* _Exercise brief_
Set down, please, exactly the lines below that run from the line with "let (called, errors) = shut_down ps in" to the line with "unfoldable pub handle_enabled", both lines included.

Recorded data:
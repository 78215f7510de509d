-- ===== src/Leaf/Telemetry.antt =====
-- leaf/telemetry/setup.go: Setup with its providers, its shutdown function, and the tee of the log
-- records. OpenTelemetry and log/slog are parameters.
use edge_sync.Base.{
  Text, codes, is_empty, non_empty, has_prefix, ℕ, ◌≡◌, refl, Bool, true, false, ◌||◌, Option, none,
  some, List, [], ◌∷◌, ◌++◌, arith, if◌then◌else◌,
}
use edge_sync.Leaf.{Headers}

pub record TelemetryConfig : Type 0 where
  pub service_name : Text
  pub endpoint : Text
  pub headers : Headers

pub data Provider : Type 0 where
  tracer meter logger : Provider

pub data EndpointOption : Type 0 where
  with_endpoint_url with_endpoint : Text → EndpointOption

pub record Options : Type 0 where
  pub at : Option EndpointOption
  pub with_headers : Option Headers

unfoldable pub has_scheme : Text → Bool
has_scheme endpoint =
    has_prefix (codes "http://") endpoint || has_prefix (codes "https://") endpoint

-- The same for the three exporters.
unfoldable pub endpoint_option : Text → EndpointOption
endpoint_option endpoint =
    if has_scheme endpoint then with_endpoint_url endpoint else with_endpoint endpoint

unfoldable pub options : TelemetryConfig → Options
options cfg = record {
  at = if non_empty cfg.endpoint then some (endpoint_option cfg.endpoint) else none;
  with_headers = elim cfg.headers [ [] ↦ none | h ∷ hs ↦ some (h ∷ hs) ];
}

unfoldable pub service_of : TelemetryConfig → Text
service_of cfg = if is_empty cfg.service_name then codes "edgesync-leaf" else cfg.service_name

-- What is installed, in order, and what the shutdown function holds, if there is one.
pub record Setup : Type 0 where
  pub installed : List Provider
  pub shutdowns : Option (List Provider)
  pub logs_tee : Bool

-- `merges` says whether a resource of this name is made, `opens` whether an exporter is.
module _ (merges : Text → Bool) (opens : Provider → Options → Bool) (cfg : TelemetryConfig) where
  unfoldable pub provide : List Provider → List Provider → Setup
  provide done [] = record { installed = done; shutdowns = some done; logs_tee = true }
  provide done (p ∷ ps) =
      let rest = provide (done ++ p ∷ []) ps in
      if opens p (options cfg)
      then rest
      else record { installed = done; shutdowns = none; logs_tee = false }

  unfoldable pub setup : Setup
  setup =
      if merges (service_of cfg)
      then provide [] (tracer ∷ meter ∷ logger ∷ [])
      else record { installed = []; shutdowns = none; logs_tee = false }

-- The loop of the shutdown function, from the last provider to the first: the providers that are
-- shut down, in order, and the errors that are joined.
module _ {E : Type 0} (fails : Provider → Option E) where
  unfoldable pub shut_down : List Provider → List Provider × List E
  shut_down [] = ([], [])
  shut_down (p ∷ ps) =
      let (called, errors) = shut_down ps in
      (called ++ p ∷ [], errors ++ elim (fails p) [ none ↦ [] | some e ↦ e ∷ [] ])

-- A handler of log records: the lines that it writes and the errors that it returns.
pub record Handler (R L E : Type 0) : Type 0 where
  pub enabled : ℕ → Bool
  pub handle : ℕ → R → List L × List E

module _ {R L E : Type 0} where
  unfoldable pub handle_enabled : Handler R L E → ℕ → R → List L × List E
  handle_enabled h level r = if h.enabled level then h.handle level r else ([], [])

  unfoldable pub tee : Handler R L E → Handler R L E → Handler R L E
  tee primary secondary = record {
    enabled = λ level. primary.enabled level || secondary.enabled level;
    handle = λ level r.
        let (written, errors) = handle_enabled primary level r in
        let (written2, errors2) = handle_enabled secondary level r in
        (written ++ written2, errors ++ errors2);
  }

-- Setup succeeds only with all three providers, and its shutdown function then shuts down each of
-- them, the latest first, whatever the others return.
pub setup-shut_down :
    {E : Type 0} (merges : Text → Bool) (opens : Provider → Options → Bool) (cfg : TelemetryConfig)
    (fails : Provider → Option E) (held : List Provider)
    → (setup merges opens cfg).shutdowns ≡ some held
    → ((setup merges opens cfg).installed ≡ held)
      × ((shut_down fails held).0 ≡ logger ∷ meter ∷ tracer ∷ [])
unfolding setup provide shut_down
setup-shut_down merges opens cfg fails held h = grind arith

-- A log record reaches a handler as it does without the other: behind the lines of the first come
-- those of the second.
pub tee_writes :
    {R L E : Type 0} (primary secondary : Handler R L E) (level : ℕ) (r : R)
    → ((tee primary secondary).handle level r).0
      ≡ (handle_enabled primary level r).0 ++ (handle_enabled secondary level r).0
unfolding tee
tee_writes primary secondary level r = refl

* _Solution for this problem_
      let (called, errors) = shut_down ps in
      (called ++ p ∷ [], errors ++ elim (fails p) [ none ↦ [] | some e ↦ e ∷ [] ])

-- A handler of log records: the lines that it writes and the errors that it returns.
pub record Handler (R L E : Type 0) : Type 0 where
  pub enabled : ℕ → Bool
  pub handle : ℕ → R → List L × List E

module _ {R L E : Type 0} where
  unfoldable pub handle_enabled : Handler R L E → ℕ → R → List L × List E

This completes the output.